3 "we should eat children while we play"

So levenshtein wouldn't be of much use here because it is linear and each one would be considerably different. The standard difference would pass the test and the student would get away with the crime.

So I broke each word in the sentences up and recomposed the sentences as arrays, then compared each other to first determine if the word existed in each array, and where it was in relation to the last. Then each word would check the next in the array to determine if there were sequential words, like in my example sentences above line 1 and 2. So if there were sequential words, I would compose a string of each sequence common to each array and then attempt to find differences in the remaining words. The fewer remaining words, the more likely they are just filler to make it seem less plagiarized.

"while we eat dinner, I think the children should play"

Then "I think" is evaluated and considered filler based on a keyword lexicon - this part is hard to describe here.

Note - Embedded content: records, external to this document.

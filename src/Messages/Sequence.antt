-- ===== src/Messages/Sequence.antt =====
-- The sequence numbers of each conversation, over every run of writes.
use mathlib.Core.Path.{subst}
use videochat.Prelude.{
  ℕ, zero, suc, ◌+◌, ◌≡◌, refl, ◌∙◌, inl, inr, Bool, false, Option, none, some, List, [], ◌∷◌, find,
  update, select, map, arith, Bool-cases, ◌==◌,
}
use videochat.Tables.{Conversation}
use videochat.Messages.Table.{
  Chat, MessageRow, AppendMessageInput, append_locked, bump, message_row,
}
use videochat.Messages.Edits.{
  edit_message_body, set_message_link_preview, soft_delete_message, preview_where, preview_set,
  alive, edit_set, delete_set,
}
use videochat.Messages.Writes.{
  Write, append, edit, preview, delete, mark_read, mark_unread, exec_write, exec_writes,
}
use videochat.Messages.Commits.{Commits, append_locked-Commits, commit-keeps}

-- The sequence numbers of a conversation's messages, the last inserted first.
unfoldable pub seqs : ℕ → List MessageRow → List ℕ
seqs c messages = map (λ r. r.seq) (select (λ r. r.conversation_id == c) messages)

abbrev seq_or_0 : Option Conversation → ℕ
seq_or_0 none = 0
seq_or_0 (some v) = v.last_seq

unfoldable pub last_seq_of : ℕ → List Conversation → ℕ
last_seq_of c conversations = seq_or_0 (find (λ v. v.id == c) conversations)

-- n, n - 1, …, 1.
unfoldable pub countdown : ℕ → List ℕ
countdown zero = []
countdown (suc n) = suc n ∷ countdown n

-- The messages of every conversation are numbered 1, 2, … up to its `last_seq`, in the order in
-- which they were inserted.
pub record IsGapless (chat : Chat) : Type 0 where
  pub numbered : (c : ℕ) → seqs c chat.messages ≡ countdown (last_seq_of c chat.conversations)

update-seqs :
    (c : ℕ) (p : MessageRow → Bool) (f : MessageRow → MessageRow) (messages : List MessageRow)
    → ((r : MessageRow) → (f r).seq ≡ r.seq)
    → ((r : MessageRow) → (f r).conversation_id ≡ r.conversation_id)
    → seqs c (update p f messages) ≡ seqs c messages
unfolding seqs
update-seqs c p f [] s k = refl
update-seqs c p f (r ∷ rs) s k = ground (arith, update-seqs c p f rs s k, s r, k r)

bump-last_seq_of_other :
    (c id now : ℕ) (conversations : List Conversation)
    → (id == c) ≡ false
    → last_seq_of c (update (λ v. v.id == id) (bump now) conversations)
      ≡ last_seq_of c conversations
unfolding last_seq_of
bump-last_seq_of_other c id now [] other = refl
bump-last_seq_of_other c id now (v ∷ vs) other = elim (Bool-cases (v.id == id)) [
  | inl e ↦ rw e (ground (arith, bump-last_seq_of_other c id now vs other))
  | inr e ↦ rw e (ground (arith, bump-last_seq_of_other c id now vs other))
]

bump-last_seq_of :
    (id now : ℕ) (conversations : List Conversation) (conv : Conversation)
    → find (λ v. v.id == id) conversations ≡ some conv
    → last_seq_of id (update (λ v. v.id == id) (bump now) conversations) ≡ conv.last_seq + 1
unfolding last_seq_of
bump-last_seq_of id now [] conv found = cc
bump-last_seq_of id now (v ∷ vs) conv found = elim (Bool-cases (v.id == id)) [
  | inl e ↦ rw e (ground arith)
  | inr e ↦ rw e (ground (arith, bump-last_seq_of id now vs conv))
]

countdown_next : (n : ℕ) → countdown (n + 1) ≡ (n + 1) ∷ countdown n
unfolding countdown
countdown_next n = ground arith

last_seq_of-found :
    (id : ℕ) (conversations : List Conversation) (conv : Conversation)
    → find (λ v. v.id == id) conversations ≡ some conv
    → last_seq_of id conversations ≡ conv.last_seq
unfolding last_seq_of
last_seq_of-found id conversations conv found = rw found refl

module _ (chat : Chat) (g : IsGapless chat) (input : AppendMessageInput) (id now : ℕ)
    (conv : Conversation)
    (found : find (λ v. v.id == input.conversation_id) chat.conversations ≡ some conv) where
  abbrev NumberedAfter : ℕ → Type 0
  NumberedAfter c =
      seqs c (message_row input id (conv.last_seq + 1) now ∷ chat.messages)
      ≡ countdown (
          last_seq_of c (update (λ v. v.id == input.conversation_id) (bump now) chat.conversations))

  append-numbered_same : NumberedAfter input.conversation_id
  unfolding seqs message_row
  append-numbered_same =
      rw (bump-last_seq_of input.conversation_id now chat.conversations conv found) (
        rw (countdown_next conv.last_seq) (
          ground (
            arith,
            g.numbered input.conversation_id,
            last_seq_of-found input.conversation_id chat.conversations conv found,
          )))

  append-numbered_other : (c : ℕ) → (input.conversation_id == c) ≡ false → NumberedAfter c
  unfolding seqs message_row
  append-numbered_other c e =
      rw (bump-last_seq_of_other c input.conversation_id now chat.conversations e)
        (rw e (g.numbered c))

  append-numbered : (c : ℕ) → NumberedAfter c
  append-numbered c = elim (Bool-cases (input.conversation_id == c)) [
    | inl e ↦ subst NumberedAfter (ground arith) append-numbered_same
    | inr e ↦ append-numbered_other c e
  ]

Commits-IsGapless :
    (chat : Chat) (input : AppendMessageInput) (id now : ℕ) (after : Chat) (row : MessageRow)
    → Commits chat input id now after row
    → IsGapless chat
    → IsGapless after
Commits-IsGapless chat input id now after row done g = record {
  numbered = λ c. rw done.messages_is (
      rw done.conversations_is
        (rw done.row_is (append-numbered chat g input id now done.conv done.found c)));
}

update-IsGapless :
    (chat : Chat) (p : MessageRow → Bool) (f : MessageRow → MessageRow)
    → ((r : MessageRow) → (f r).seq ≡ r.seq)
    → ((r : MessageRow) → (f r).conversation_id ≡ r.conversation_id)
    → IsGapless chat
    → IsGapless (record chat { messages = update p f chat.messages })
update-IsGapless chat p f s k g = record {
  numbered = λ c. update-seqs c p f chat.messages s k ∙ g.numbered c;
}

exec_write-IsGapless : (chat : Chat) (w : Write) → IsGapless chat → IsGapless (exec_write chat w)
unfolding exec_write edit_message_body set_message_link_preview soft_delete_message
exec_write-IsGapless chat (append input id now) g =
    commit-keeps IsGapless chat (append_locked chat input id now)
      (λ after row done.
        Commits-IsGapless chat input id now after row
          (append_locked-Commits chat input id now after row done) g)
      g
exec_write-IsGapless chat (edit id body mentions now) g =
    update-IsGapless chat (alive id) (edit_set body mentions now) (λ r. refl) (λ r. refl) g
exec_write-IsGapless chat (preview id (some p) b) g =
    update-IsGapless chat (preview_where id (some p) b) (preview_set (some p)) (λ r. refl)
      (λ r. refl) g
exec_write-IsGapless chat (preview id none b) g =
    update-IsGapless chat (preview_where id none b) (preview_set none) (λ r. refl) (λ r. refl) g
exec_write-IsGapless chat (delete id now) g =
    update-IsGapless chat (alive id) (delete_set now) (λ r. refl) (λ r. refl) g
exec_write-IsGapless chat (mark_read c u s) g = record { numbered = g.numbered }
exec_write-IsGapless chat (mark_unread c u s) g = record { numbered = g.numbered }

-- Whatever writes run, in whatever order, the messages of every conversation stay numbered 1, 2, …
-- up to its `last_seq` in the order of their inserts: no number is skipped, also where an append
-- fails and is rolled back, and none is given twice.
pub exec_writes-IsGapless :
    (chat : Chat) (ws : List Write) → IsGapless chat → IsGapless (exec_writes chat ws)
unfolding exec_writes
exec_writes-IsGapless chat [] g = g
exec_writes-IsGapless chat (w ∷ ws) g =
    exec_writes-IsGapless (exec_write chat w) ws (exec_write-IsGapless chat w g)
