-- ===== src/Messages/Paging.antt =====
-- `listMessagesPage` and `listMessagesAfter` of apps/api/src/db/messages.ts.
use videochat.Prelude.{
  ℕ, ◌+◌, Bool, true, ◌&&◌, Option, none, some, List, select, take, length, ltb, ◌==◌, order_by,
}
use mathlib.Core.List.{reverse}
use videochat.Messages.Table.{MessageRow}

pub record MessagesPage {ℓ} (A : Type ℓ) : Type ℓ where
  pub rows : List A
  pub has_more : Bool

-- `ORDER BY seq DESC` and `ORDER BY seq ASC`.
abbrev pub newer : MessageRow → MessageRow → Bool
newer a b = ltb b.seq a.seq

abbrev pub older : MessageRow → MessageRow → Bool
older a b = ltb a.seq b.seq

abbrev pub is_before : Option ℕ → MessageRow → Bool
is_before none r = true
is_before (some seq) r = ltb r.seq seq

abbrev pub page_where : ℕ → Option ℕ → MessageRow → Bool
page_where conversation before_seq r = r.conversation_id == conversation && is_before before_seq r

unfoldable pub list_messages_page : List MessageRow → ℕ → Option ℕ → ℕ → MessagesPage MessageRow
list_messages_page messages conversation before_seq limit =
    let rows =
      take (limit + 1) (order_by newer (select (page_where conversation before_seq) messages)) in
    record { rows = reverse (take limit rows); has_more = ltb limit (length rows) }

abbrev pub after_where : ℕ → ℕ → MessageRow → Bool
after_where conversation after_seq r = r.conversation_id == conversation && ltb after_seq r.seq

unfoldable pub list_messages_after : List MessageRow → ℕ → ℕ → ℕ → MessagesPage MessageRow
list_messages_after messages conversation after_seq limit =
    let rows =
      take (limit + 1) (order_by older (select (after_where conversation after_seq) messages)) in
    record { rows = take limit rows; has_more = ltb limit (length rows) }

This was a complex project that did a lot more than just what I described and not a simple chunk of code I can easily share, but the idea above is not too hard to replicate.

Good luck. I'm interested in what other SO members have to say about your question.

Answer 4

Since the Levenshtein distance is never greater than the length of the longer string, I'd certainly change the denominator from (length1 + length2) to Math.max(length1, length2). This would normalize the metric to be between zero and one.

Now, it's impossible to answer what's "similar enough" for your needs based on the information provided. I personally try to avoid step functions like you have with the 0.25 cutoff, preferring continuous values from a known interval. Perhaps it would be better to feed the continuous "similarity" (or "distance") values into higher-level algorithms instead of transforming those values into binary ones?